In Italia più di 250.000 bambini sono allergici: un problema in aumento. Ecco i consigli per limitare i rischi.

Bimbi: è boom di allergie alimentari © Photos.com Sanihelp.it - Al via la campagna informativa di SIAIP (Società italiana di Allergologia e Immunologia Pediatrica) volta a educare e sensibilizzare i genitori sul crescente problema delle allergie in età pediatrica.

«Negli ultimi 20 anni si è assistito a un aumento allarmante di manifestazione allergiche nei bambini. Con questa campagna la SIAIP vuole mettere in evidenza il ruolo importantissimo che può avere la prevenzione, con l’obiettivo di diffondere informazioni rispetto ai comportamenti e alle scelte più appropriate per i propri bambini», afferma Luciana Indinnimeo, Past-President SIAIP.

Quello delle allergie alimentari infantili è un tema di cui molto si discute ma poco si sa, spesso accompagnato da falsi miti e leggende; è necessario dunque intervenire in modo efficace dal momento che le allergie alimentari spesso determinano altre forme di allergie, come quelle respiratorie, con effetti significativi sulla qualità della vita.

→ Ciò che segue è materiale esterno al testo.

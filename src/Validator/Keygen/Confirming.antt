-- ===== src/Validator/Keygen/Confirming.antt =====
-- crates/validator/src/state/keygen.rs: the round of confirmations, and the staged epoch.
use shield_net.Prelude.{
  ℕ, zero, suc, not, Option, none, some, List, [], ◌==◌, if◌then◌else◌, Map, get, insert, length,
  saturating_add, saturating_mul, as_u16,
}
use shield_net.Validator.Epoch.{EpochId, genesis, number, raw_value, next_number}
use shield_net.Validator.Types.{
  B256, Address, KeyShare, Opaque, Group, Epoch, KeyGenParticipation, Packet, SigningState,
  RolloverState, State, Command, ParticipantSet, Transition, KeyGenConfirmed, EpochStaged,
}
use shield_net.Validator.Groups.{participants_set, GroupEpoch}
use shield_net.Validator.Sign.{handle_sign_attested}
use shield_net.Validator.Keygen.Ceremony.{
  start_key_gen, finalize_key_gen, commitments_of, key_share_of,
}
use shield_net.Validator.Keygen.Collecting.{prefixed}

-- consensus/hashing.rs
unfoldable pub epoch_rollover_hash : Transition → EpochId → ℕ → ℕ → Opaque → B256
epoch_rollover_hash t active_epoch proposed_epoch rollover_block group_key =
    t.epoch_rollover_signing_hash (raw_value active_epoch) proposed_epoch rollover_block group_key

-- The first regular key generation, right after genesis.
abbrev pub first_key_gen : Transition → State → ℕ → ℕ → Option ParticipantSet → State × List Command
first_key_gen t s block n none = (s, [])
first_key_gen t s block n (some participants) =
    start_key_gen t s (number n) participants (some (saturating_add block t.key_gen_timeout))

unfoldable pub confirm_genesis :
    Transition → State → ℕ → Group → Option KeyShare → State × List Command
unfolding next_number finalize_key_gen
confirm_genesis t s block group key_share =
    let n = next_number block t.blocks_per_epoch in
    let (s', commands) =
      finalize_key_gen (record s { rollover = RolloverState.epoch_skipped n }) genesis group
        key_share in
    prefixed commands (
      first_key_gen t s' block n
        (participants_set t.keccak256 t.participants (GroupEpoch.number t.consensus n [])))

-- The rollover packet, where this validator is part of the active epoch.
abbrev pub register_rollover :
    Transition
    → State
    → ℕ
    → Address
    → B256
    → ℕ
    → ℕ
    → B256
    → Opaque
    → Option Epoch
    → Map SigningState
register_rollover t s block participant message n rollover_block group_id group_key none = s.signing
register_rollover t s block participant message n rollover_block group_id group_key (some e) =
    insert s.signing message (
      SigningState.waiting_for_request e.key_share e.group.id (some participant)
        (Packet.epoch_rollover s.active_epoch n rollover_block group_id group_key)
        e.group.participants (saturating_add block t.signing_timeout))

unfoldable pub rollover_block_of : Transition → ℕ → ℕ
unfolding saturating_mul
rollover_block_of t n = saturating_mul n t.blocks_per_epoch

-- The hash that the active epoch signs for the group of epoch `n`.
unfoldable pub rollover_message : Transition → State → ℕ → KeyGenParticipation → B256
unfolding epoch_rollover_hash rollover_block_of
rollover_message t s n participation =
    epoch_rollover_hash t s.active_epoch n (rollover_block_of t n)
      (t.frost.group_key (commitments_of t participation))

unfoldable pub confirm_regular :
    Transition
    → State
    → ℕ
    → Address
    → ℕ
    → Group
    → KeyGenParticipation
    → Option KeyShare
    → State × List Command
unfolding rollover_message
confirm_regular t s block participant n group participation key_share =
    let group_key = t.frost.group_key (commitments_of t participation) in
    let message = rollover_message t s n participation in
    (
      record s {
        signing =
            register_rollover t s block participant message n (rollover_block_of t n) group.id
              group_key (get s.epochs (raw_value s.active_epoch));
        rollover = RolloverState.signing_rollover n group key_share message;
      },
      [],
    )

unfoldable pub confirm_all :
    Transition
    → State
    → ℕ
    → Address
    → EpochId
    → Group
    → KeyGenParticipation
    → Option KeyShare
    → State × List Command
unfolding confirm_genesis confirm_regular
confirm_all t s block participant genesis group participation key_share =
    confirm_genesis t s block group key_share
confirm_all t s block participant (number n) group participation key_share =
    confirm_regular t s block participant n group participation key_share

unfoldable pub confirmed_in :
    Transition → State → ℕ → KeyGenConfirmed → RolloverState → State × List Command
unfolding confirm_all
confirmed_in t s block event
      (RolloverState.collecting_confirmations epoch group participation status confirmations
        complaints deadlines) =
    let confirmations' = insert confirmations event.participant tt in
    if group.id == event.gid
    then (if not (as_u16 (length confirmations') == group.count)
        then (
          record s {
            rollover =
                RolloverState.collecting_confirmations epoch group participation status
                  confirmations' complaints deadlines;
          },
          [],
        )
        else confirm_all t s block event.participant epoch group participation
            (key_share_of status))
    else (s, [])
confirmed_in t s block event _ = (s, [])

unfoldable pub handle_key_gen_confirmed :
    Transition → State → ℕ → KeyGenConfirmed → State × List Command
unfolding confirmed_in
handle_key_gen_confirmed t s block event = confirmed_in t s block event s.rollover

-- `NonZeroU64::new(proposed_epoch)`
abbrev pub skip_to : ℕ → RolloverState
skip_to zero = RolloverState.halted
skip_to (suc n) = RolloverState.epoch_skipped (suc n)

abbrev pub after_attested : B256 → State × List Command → State × List Command
after_attested message (s, commands) = prefixed commands (handle_sign_attested s message)

unfoldable pub staged_in : State → EpochStaged → RolloverState → State × List Command
unfolding finalize_key_gen handle_sign_attested
staged_in s event (RolloverState.signing_rollover n group key_share message) =
    if group.id == event.group_id
    then after_attested message (
        finalize_key_gen (record s { rollover = RolloverState.epoch_staged n }) (number n) group
          key_share)
    else (s, [])
staged_in s event RolloverState.waiting_for_genesis =
    (record s { rollover = skip_to event.proposed_epoch }, [])
staged_in s event _ = (s, [])

unfoldable pub handle_epoch_staged : State → EpochStaged → State × List Command
unfolding staged_in
handle_epoch_staged s event = staged_in s event s.rollover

«Le allergie più diffuse nei primi anni di vita sono quelle alimentari e in particolare alle proteine del latte vaccino (APLV), che in Italia vede coinvolti circa 100.000 bambini in età pre-scolare – continua Luciana Indinnimeo – Molti genitori iniziano a preoccuparsi delle allergie solo dallo svezzamento in poi, in realtà i primi mesi di vita sono particolarmente critici.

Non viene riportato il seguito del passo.